* **Task input**:
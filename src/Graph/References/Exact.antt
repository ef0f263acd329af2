-- ===== src/Graph/References/Exact.antt =====
-- src/engine/graph-validation.ts: findMissingReferences and findDuplicateNodeIds against the lists of
-- nodes.
use mathlib.Core.List.{Memᴰ}
use mathlib.Core.List.Memᴰ
use spane.Base.{
  ℕ, suc, ◌≤◌, String, ◌≡◌, refl, ◌↔◌, ◌⊎◌, inl, inr, ⊎_elim, true, false, List, [], ◌∷◌, map, has,
  has-add, add, arith, ◌==◌, eq_iff, if◌then◌else◌,
}
use spane.Types.Workflow.{NodeDefinition, WorkflowDefinition}
use spane.Graph.References.{
  collect, collect_nodes, find_missing_references, duplicates_from, find_duplicate_node_ids,
}

-- a node of the list names `u` among its inputs or outputs
pub record Mentions (ns : List NodeDefinition) (u : String) : Type 0 where
  pub node : NodeDefinition
  pub among : Memᴰ node ns
  pub named : (has node.inputs u ≡ true) ⊎ (has node.outputs u ≡ true)

collect_lem :
    (ids xs acc : List String) (u : String)
    → (has (collect ids xs acc) u ≡ true)
      ↔ ((has acc u ≡ true) ⊎ (has xs u ≡ true) × (has ids u ≡ false))
unfolding collect has
collect_lem ids [] acc u = ground arith
collect_lem ids (x ∷ xs) acc u =
    ground (
      arith,
      collect_lem ids xs acc u,
      collect_lem ids xs (add acc x) u,
      has-add acc x u,
      eq_iff x u,
    )

Mentions-cons :
    {n : NodeDefinition} {ns : List NodeDefinition} {u : String}
    → Mentions ns u
    → Mentions (n ∷ ns) u
Mentions-cons m = record { node = m.node; among = Memᴰ.tail m.among; named = m.named }

Mentions-cases :
    (n : NodeDefinition) (ns : List NodeDefinition) (u : String)
    → Mentions (n ∷ ns) u
    → ((has n.inputs u ≡ true) ⊎ (has n.outputs u ≡ true)) ⊎ Mentions ns u
Mentions-cases n ns u m =
    ⊎_elim (λ same. inl (rw (← same) m.named))
      (λ later. inr (record { node = m.node; among = later; named = m.named }))
      (Memᴰ.cases_cons m.among)

collect_nodes_sound :
    (ids : List String) (ns : List NodeDefinition) (acc : List String) (u : String)
    → has (collect_nodes ids ns acc) u ≡ true
    → (has acc u ≡ true) ⊎ Mentions ns u × (has ids u ≡ false)
unfolding collect_nodes
collect_nodes_sound ids [] acc u h = inl h
collect_nodes_sound ids (n ∷ ns) acc u h =
    ⊎_elim
      (λ first.
        ⊎_elim
          (λ ins.
            ⊎_elim inl (λ (m, k). inr (here (inl m), k)) ((collect_lem ids n.inputs acc u).0 ins))
          (λ (m, k). inr (here (inr m), k))
          ((collect_lem ids n.outputs (collect ids n.inputs acc) u).0 first))
      (λ (m, k). inr (Mentions-cons m, k))
      (collect_nodes_sound ids ns (collect ids n.outputs (collect ids n.inputs acc)) u h)
  where
    here : (has n.inputs u ≡ true) ⊎ (has n.outputs u ≡ true) → Mentions (n ∷ ns) u
    here named = record { node = n; among = Memᴰ.head refl; named = named }

collect_nodes_complete :
    (ids : List String) (ns : List NodeDefinition) (acc : List String) (u : String)
    → (has acc u ≡ true) ⊎ Mentions ns u × (has ids u ≡ false)
    → has (collect_nodes ids ns acc) u ≡ true
unfolding collect_nodes
collect_nodes_complete ids [] acc u h = ⊎_elim (λ m. m) (λ (m, k). absurd (Memᴰ.not-nil m.among)) h
collect_nodes_complete ids (n ∷ ns) acc u h =
    collect_nodes_complete ids ns (collect ids n.outputs (collect ids n.inputs acc)) u
      (⊎_elim (λ old. inl (kept (inl old))) (λ (m, k). next k (Mentions-cases n ns u m)) h)
  where
    kept :
        (has acc u ≡ true)
          ⊎ ((has n.inputs u ≡ true) ⊎ (has n.outputs u ≡ true)) × (has ids u ≡ false)
        → has (collect ids n.outputs (collect ids n.inputs acc)) u ≡ true
    kept h = ground (
      arith,
      collect_lem ids n.inputs acc u,
      collect_lem ids n.outputs (collect ids n.inputs acc) u,
    )

    next :
        has ids u ≡ false
        → ((has n.inputs u ≡ true) ⊎ (has n.outputs u ≡ true)) ⊎ Mentions ns u
        → (has (collect ids n.outputs (collect ids n.inputs acc)) u ≡ true)
          ⊎ Mentions ns u × (has ids u ≡ false)
    next k (inl named) = inl (kept (inr (named, k)))
    next k (inr m) = inr (m, k)

-- findMissingReferences lists an id exactly if some node names it among its inputs or outputs and no
-- node has it.
pub find_missing_references_iff :
    (workflow : WorkflowDefinition) (u : String)
    → (has (find_missing_references workflow) u ≡ true)
      ↔ (Mentions workflow.nodes u × (has (map (λ n. n.id) workflow.nodes) u ≡ false))
unfolding find_missing_references has
find_missing_references_iff workflow u = (
  λ h.
      ⊎_elim (λ f. cc) (λ m. m)
        (collect_nodes_sound (map (λ n. n.id) workflow.nodes) workflow.nodes [] u h),
  λ m. collect_nodes_complete (map (λ n. n.id) workflow.nodes) workflow.nodes [] u (inr m),
)

-- how many nodes of the list have the id
abbrev pub occurrences : List NodeDefinition → String → ℕ
occurrences [] u = 0
occurrences (n ∷ ns) u = if n.id == u then suc (occurrences ns u) else occurrences ns u

duplicates_from_lem :
    (ns : List NodeDefinition) (seen dups : List String) (u : String)
    → (has (duplicates_from ns seen dups) u ≡ true) ↔ (
        (has dups u ≡ true)
        ⊎ ((has seen u ≡ true) × (1 ≤ occurrences ns u))
        ⊎ (2 ≤ occurrences ns u))
unfolding duplicates_from
duplicates_from_lem [] seen dups u = ground arith
duplicates_from_lem (n ∷ ns) seen dups u = ground (
  arith,
  duplicates_from_lem ns seen (add dups n.id) u,
  duplicates_from_lem ns (add seen n.id) dups u,
  has-add dups n.id u,
  has-add seen n.id u,
  eq_iff n.id u,
)

-- findDuplicateNodeIds lists an id exactly if two nodes or more have it.
pub find_duplicate_node_ids_iff :
    (workflow : WorkflowDefinition) (u : String)
    → (has (find_duplicate_node_ids workflow) u ≡ true) ↔ (2 ≤ occurrences workflow.nodes u)
unfolding find_duplicate_node_ids has
find_duplicate_node_ids_iff workflow u = ground (arith, duplicates_from_lem workflow.nodes [] [] u)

* **Work to complete**: Set down the whole listing once more, exactly as it appears.

* **Solution to this task**:
filename src/Graph/References/Exact.antt
repository ef0f263acd329af2
-- ===== src/Graph/References/Exact.antt =====
-- src/engine/graph-validation.ts: findMissingReferences and findDuplicateNodeIds against the lists of
-- nodes.
use mathlib.Core.List.{Memᴰ}
use mathlib.Core.List.Memᴰ
use spane.Base.{
  ℕ, suc, ◌≤◌, String, ◌≡◌, refl, ◌↔◌, ◌⊎◌, inl, inr, ⊎_elim, true, false, List, [], ◌∷◌, map, has,
  has-add, add, arith, ◌==◌, eq_iff, if◌then◌else◌,
}
use spane.Types.Workflow.{NodeDefinition, WorkflowDefinition}
use spane.Graph.References.{
  collect, collect_nodes, find_missing_references, duplicates_from, find_duplicate_node_ids,
}

-- a node of the list names `u` among its inputs or outputs
pub record Mentions (ns : List NodeDefinition) (u : String) : Type 0 where
  pub node : NodeDefinition
  pub among : Memᴰ node ns
  pub named : (has node.inputs u ≡ true) ⊎ (has node.outputs u ≡ true)

collect_lem :
    (ids xs acc : List String) (u : String)
    → (has (collect ids xs acc) u ≡ true)
      ↔ ((has acc u ≡ true) ⊎ (has xs u ≡ true) × (has ids u ≡ false))
unfolding collect has
collect_lem ids [] acc u = ground arith
collect_lem ids (x ∷ xs) acc u =
    ground (
      arith,
      collect_lem ids xs acc u,
      collect_lem ids xs (add acc x) u,
      has-add acc x u,
      eq_iff x u,
    )

Mentions-cons :
    {n : NodeDefinition} {ns : List NodeDefinition} {u : String}
    → Mentions ns u
    → Mentions (n ∷ ns) u
Mentions-cons m = record { node = m.node; among = Memᴰ.tail m.among; named = m.named }

Mentions-cases :
    (n : NodeDefinition) (ns : List NodeDefinition) (u : String)
    → Mentions (n ∷ ns) u
    → ((has n.inputs u ≡ true) ⊎ (has n.outputs u ≡ true)) ⊎ Mentions ns u
Mentions-cases n ns u m =
    ⊎_elim (λ same. inl (rw (← same) m.named))
      (λ later. inr (record { node = m.node; among = later; named = m.named }))
      (Memᴰ.cases_cons m.among)

collect_nodes_sound :
    (ids : List String) (ns : List NodeDefinition) (acc : List String) (u : String)
    → has (collect_nodes ids ns acc) u ≡ true
    → (has acc u ≡ true) ⊎ Mentions ns u × (has ids u ≡ false)
unfolding collect_nodes
collect_nodes_sound ids [] acc u h = inl h
collect_nodes_sound ids (n ∷ ns) acc u h =
    ⊎_elim
      (λ first.
        ⊎_elim
          (λ ins.
            ⊎_elim inl (λ (m, k). inr (here (inl m), k)) ((collect_lem ids n.inputs acc u).0 ins))
          (λ (m, k). inr (here (inr m), k))
          ((collect_lem ids n.outputs (collect ids n.inputs acc) u).0 first))
      (λ (m, k). inr (Mentions-cons m, k))
      (collect_nodes_sound ids ns (collect ids n.outputs (collect ids n.inputs acc)) u h)
  where
    here : (has n.inputs u ≡ true) ⊎ (has n.outputs u ≡ true) → Mentions (n ∷ ns) u
    here named = record { node = n; among = Memᴰ.head refl; named = named }

collect_nodes_complete :
    (ids : List String) (ns : List NodeDefinition) (acc : List String) (u : String)
    → (has acc u ≡ true) ⊎ Mentions ns u × (has ids u ≡ false)
    → has (collect_nodes ids ns acc) u ≡ true
unfolding collect_nodes
collect_nodes_complete ids [] acc u h = ⊎_elim (λ m. m) (λ (m, k). absurd (Memᴰ.not-nil m.among)) h
collect_nodes_complete ids (n ∷ ns) acc u h =
    collect_nodes_complete ids ns (collect ids n.outputs (collect ids n.inputs acc)) u
      (⊎_elim (λ old. inl (kept (inl old))) (λ (m, k). next k (Mentions-cases n ns u m)) h)
  where
    kept :
        (has acc u ≡ true)
          ⊎ ((has n.inputs u ≡ true) ⊎ (has n.outputs u ≡ true)) × (has ids u ≡ false)
        → has (collect ids n.outputs (collect ids n.inputs acc)) u ≡ true
    kept h = ground (
      arith,
      collect_lem ids n.inputs acc u,
      collect_lem ids n.outputs (collect ids n.inputs acc) u,
    )

    next :
        has ids u ≡ false
        → ((has n.inputs u ≡ true) ⊎ (has n.outputs u ≡ true)) ⊎ Mentions ns u
        → (has (collect ids n.outputs (collect ids n.inputs acc)) u ≡ true)
          ⊎ Mentions ns u × (has ids u ≡ false)
    next k (inl named) = inl (kept (inr (named, k)))
    next k (inr m) = inr (m, k)

-- findMissingReferences lists an id exactly if some node names it among its inputs or outputs and no
-- node has it.
pub find_missing_references_iff :
    (workflow : WorkflowDefinition) (u : String)
    → (has (find_missing_references workflow) u ≡ true)
      ↔ (Mentions workflow.nodes u × (has (map (λ n. n.id) workflow.nodes) u ≡ false))
unfolding find_missing_references has
find_missing_references_iff workflow u = (
  λ h.
      ⊎_elim (λ f. cc) (λ m. m)
        (collect_nodes_sound (map (λ n. n.id) workflow.nodes) workflow.nodes [] u h),
  λ m. collect_nodes_complete (map (λ n. n.id) workflow.nodes) workflow.nodes [] u (inr m),
)

-- how many nodes of the list have the id
abbrev pub occurrences : List NodeDefinition → String → ℕ
occurrences [] u = 0
occurrences (n ∷ ns) u = if n.id == u then suc (occurrences ns u) else occurrences ns u

duplicates_from_lem :
    (ns : List NodeDefinition) (seen dups : List String) (u : String)
    → (has (duplicates_from ns seen dups) u ≡ true) ↔ (
        (has dups u ≡ true)
        ⊎ ((has seen u ≡ true) × (1 ≤ occurrences ns u))
        ⊎ (2 ≤ occurrences ns u))
unfolding duplicates_from
duplicates_from_lem [] seen dups u = ground arith
duplicates_from_lem (n ∷ ns) seen dups u = ground (
  arith,
  duplicates_from_lem ns seen (add dups n.id) u,
  duplicates_from_lem ns (add seen n.id) dups u,
  has-add dups n.id u,
  has-add seen n.id u,
  eq_iff n.id u,
)

-- findDuplicateNodeIds lists an id exactly if two nodes or more have it.
pub find_duplicate_node_ids_iff :
    (workflow : WorkflowDefinition) (u : String)
    → (has (find_duplicate_node_ids workflow) u ≡ true) ↔ (2 ≤ occurrences workflow.nodes u)
unfolding find_duplicate_node_ids has
find_duplicate_node_ids_iff workflow u = ground (arith, duplicates_from_lem workflow.nodes [] [] u)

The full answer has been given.